3.45g of sodium sand (150mmol, 3 eq., M. 22.99g/mol), 1.55g of purified red phosphorus (50.0mmol, 1 eq., M. 30.97g/mol) and 125mg of naphthalene (1.0mmol, M. 128.17g/mol) were suspended in 120ml of Dimethoxyethane (DME). The suspension was heated to 75 ℃ and kept at this temperature for 20 hours while stirring. A color change from green through reddish-brown to black occurs.

1b) Preparation of NaPH₂

Cooling the reaction mixture of step 1a) to-10 ℃ to-15 ℃.10 ml of tert-butanol (0.1mol, 2 eq., M. 74.12g/mol) in 10ml of DME were added over 20 minutes while stirring. An almost clear brown solution was obtained, which contained a small amount of unreacted sodium. Stirring was continued for another 20 minutes.

1c) Preparation of

Acyl) sodium phosphide × DME, { Na [ P (COMes))₂]×DME}

16.8ml of 2,4, 6-trimethylbenzoyl chloride (TMBCl) (0.1mol, 2 equivalents, M. 182.65g/mol) were added quickly to the reaction mixture of step 1b), resulting in a yellow color. The reaction mixture was stirred under ice-cooling for another 20 minutes, and then stirred at room temperature for 1 hour.³¹The P NMR spectrum showed bis (at 82 ppm)Acyl) sodium phosphide × DME { Na [ P (COMes))₂]Signal of x DME: (>95％)。

1c-1) isolation of { Na [ P (COMes))₂]×DME}

The reaction mixture of step 1c) is concentrated under high vacuum. The resulting orange-yellow foam was dissolved in 100ml of toluene and then filtered. The filter cake was washed with toluene to give a clear orange-yellow filtrate. The filtrate was concentrated under vacuum to a volume of about 70ml, then carefully covered with hexane (30 ml). Yellow verticalThe square crystals are separated from the solution and are made of³¹P-、¹H-and¹³the C-NMR spectrum method is identified as di (

Acyl) sodium phosphide × DME { Na [ P (COMes))₂]×DME}(C₂₄H₃₂NaO₄P, M-438.47 g/mol). In addition, single crystal X-ray structural analysis showed that the crystal was represented by the formula [ Na ]₃[P(COMes)₂]₄][Na(DME)₃]Is formed by the ion-pair complex of (a).

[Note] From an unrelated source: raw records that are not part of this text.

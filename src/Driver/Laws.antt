-- ===== src/Driver/Laws.antt =====
-- What the driver of the network chip sends over the bus.
pub mod Triples
pub mod Banks
pub mod Plain
pub mod Access
pub mod Streams
pub mod Reach
pub mod Reset
pub mod Sequence
pub mod Quiet
pub mod Receive
pub mod Buffer
pub mod Send
pub mod Ready
pub mod Scratch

M.p.＝208℃；³¹P{H}-NMR(C₆D₆，25℃)：δ＝84.1(br.)。

1c-2) if the toluene filtrate from step 1c-1) is first completely concentrated under vacuum, a DME-free product is obtained. The residue was suspended in n-hexane (80ml) and the resulting yellow solid was filtered off and then dried under high vacuum. The product was determined by NMR spectroscopy to be free of DME { Na [ P (COMes)₂}(C₂₀H₂₂NaO₂P, M-348.35 g/mol).

Or, two (

Acyl) sodium phosphide DME can be prepared via acylation with 2,4, 6-trimethylbenzoyl chloride of a different type of phosphine metal complex prepared by one of the following methods described in WO 2006056541:

1. from red phosphorus, lithium powder and naphthalene as solvent, but without proton source (examples 2a-c),

2. from red phosphorus, lithium powder, naphthalene and 3-methyl-3-pentanol (examples 5a-c),

3. from red phosphorus, lithium particles, naphthalene and 3-methyl-3-pentanol (examples 7a-c),

4. from phosphorus trichloride, sodium and 3-methyl-3-pentanol (examples 4a-c) and e) from sodium phosphide and sodium tert-butoxide (examples 12 and 13) ].

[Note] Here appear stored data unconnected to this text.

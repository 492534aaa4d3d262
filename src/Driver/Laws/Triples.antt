-- ===== src/Driver/Laws/Triples.antt =====
-- What holds of the driver and the bus when an operation returns.
use ether_house.Base.{◌≡◌, refl, Bool, true, false, if◌then◌else◌}
use ether_house.Driver.{Driver, Outcome, returns, waits, D, ◌>>=◌, ◌>>◌, done, when}

-- A run that returned has Q, one that still waits has W: `Unit` where only the returns count, `⊥`
-- where the operation has to return.
module _ (W : Type 0) where
  abbrev pub Settles {ℓ} : {A : Type ℓ} → (A → Driver → Type 0) → Outcome A → Type 0
  Settles Q (returns a d) = Q a d
  Settles Q (waits d) = W

  pub bind-Settles {ℓ κ} :
      {A : Type ℓ} {B : Type κ} (P : Driver → Type 0) (Q : A → Driver → Type 0)
      (R : B → Driver → Type 0) (m : D A) (f : A → D B)
      → ((d : Driver) → P d → Settles Q (m d))
      → ((a : A) (d : Driver) → Q a d → Settles R (f a d))
      → (d : Driver) → P d
      → Settles R ((m >>= f) d)
  bind-Settles {A} {B} P Q R m f h h' d p = next (m d) (h d p)
    where
      next :
          (o : Outcome A)
          → Settles Q o
          → Settles {A = B} R (elim o [ returns a d' ↦ f a d' | waits d' ↦ waits d' ])
      next (returns a d') q = h' a d' q
      next (waits d') q = q

  pub weaken {ℓ} :
      {A : Type ℓ} (Q R : A → Driver → Type 0) (o : Outcome A)
      → Settles Q o
      → ((a : A) (d : Driver) → Q a d → R a d)
      → Settles R o
  weaken Q R (returns a d) q h = h a d q
  weaken Q R (waits d) q h = q

abbrev pub After {ℓ} : {A : Type ℓ} → (A → Driver → Type 0) → Outcome A → Type 0
After = Settles Unit

-- From each driver with P, the operation only returns in one with Q.
abbrev pub Leads {ℓ} : {A : Type ℓ} → (Driver → Type 0) → (A → Driver → Type 0) → D A → Type 0
Leads P Q m = (d : Driver) → P d → After Q (m d)

pub bind-Leads {ℓ κ} :
    {A : Type ℓ} {B : Type κ} (P : Driver → Type 0) (Q : A → Driver → Type 0)
    (R : B → Driver → Type 0) (m : D A) (f : A → D B)
    → Leads P Q m
    → ((a : A) → Leads (Q a) R (f a))
    → Leads P R (m >>= f)
bind-Leads = bind-Settles Unit

-- It returns, in a driver with Q.
abbrev pub Gives {ℓ} : {A : Type ℓ} → (Driver → Type 0) → (A → Driver → Type 0) → D A → Type 0
Gives P Q m = (d : Driver) → P d → Settles ⊥ Q (m d)

pub bind-Gives {ℓ κ} :
    {A : Type ℓ} {B : Type κ} (P : Driver → Type 0) (Q : A → Driver → Type 0)
    (R : B → Driver → Type 0) (m : D A) (f : A → D B)
    → Gives P Q m
    → ((a : A) → Gives (Q a) R (f a))
    → Gives P R (m >>= f)
bind-Gives = bind-Settles ⊥

pub returned {ℓ} :
    {A : Type ℓ} (Q : A → Driver → Type 0) (o : Outcome A)
    → Settles ⊥ Q o
    → (a : A) × (d : Driver) × (o ≡ returns a d) × Q a d
returned Q (returns a d) q = (a, d, refl, q)
returned Q (waits d) q = absurd q

pub both {ℓ} :
    {A : Type ℓ} (Q R : A → Driver → Type 0) (o : Outcome A)
    → Settles ⊥ Q o
    → After R o
    → Settles ⊥ (λ a d. Q a d × R a d) o
both Q R (returns a d) q r = (q, r)
both Q R (waits d) q r = q

-- What an operation keeps.
module _ (P : Driver → Type 0) where
  abbrev pub Keeps {ℓ} : {A : Type ℓ} → D A → Type 0
  Keeps m = Leads P (λ _. P) m

  pub bind-Keeps {ℓ κ} :
      {A : Type ℓ} {B : Type κ} (m : D A) (f : A → D B)
      → Keeps m
      → ((a : A) → Keeps (f a))
      → Keeps (m >>= f)
  bind-Keeps m f h h' = bind-Leads P (λ _. P) (λ _. P) m f h h'

  pub then-Keeps {ℓ} :
      {B : Type ℓ} (m : D (Unit {0})) (k : D B) → Keeps m → Keeps k → Keeps (m >> k)
  then-Keeps m k h h' = bind-Keeps m (λ _. k) h (λ _. h')

  pub either-Keeps {ℓ} :
      {A : Type ℓ} (t : Bool) (m m' : D A) → Keeps m → Keeps m' → Keeps (if t then m else m')
  either-Keeps true m m' h h' = h
  either-Keeps false m m' h h' = h'

  pub when-Keeps : (t : Bool) (m : D (Unit {0})) → Keeps m → Keeps (when t m)
  when-Keeps t m h = either-Keeps t m done h (λ d p. p)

1d) Bis (2,4, 6-trimethylbenzoyl) phosphinic acid

In a 150ml Schlenk flask, 5.33g (15.3mmol) of bis (R) (N-dimethylformamide) are placed under an inert atmosphere

Acyl) sodium phosphide (prepared according to 1c-1) was dissolved in 20ml dimethoxyethane. While stirring the solution, acetic acid (0.875ml, 15.3mmol) was added at room temperature. After 3 hours the solvent was removed in vacuo and 30ml of toluene was added to the remaining solid to give a yellow suspension. Removal of sodium acetate by filtration over Celite to give HP (COMes)₂A clear yellow solution of (a). 4ml of 30% aqueous hydrogen peroxide (35.2mmol) were then added over 15 minutes at 0 ℃ under exclusion of light. The mixture was stirred at room temperature overnight, then the solution was concentrated and the precipitate was isolated by filtration. The white precipitate was washed with hexane (3X 10ml), dissolved in 50ml of THF and dried over sodium sulfate. After filtration the solvent was removed in vacuo and the residual solid was dissolved in 75ml of toluene at 60 ℃. After slow cooling to-15 ℃ 4.353g (12.15mmol, 80%) of bis (2,4, 6-trimethylbenzoyl) phosphinic acid were obtained as an off-white solid with a melting point of 133 ℃.

¹H-NMR(CDCl₃)：δ＝7.9(s，14H，P-OH)，6.65(s，4H，Mes CH)，2.38(s，12H，Mes o-CH₃)，2.13(s，6H，Mes p-CH₃)。

³¹P-NMR(121.5MHz，CDCl₃)：δ＝-1.86ppm。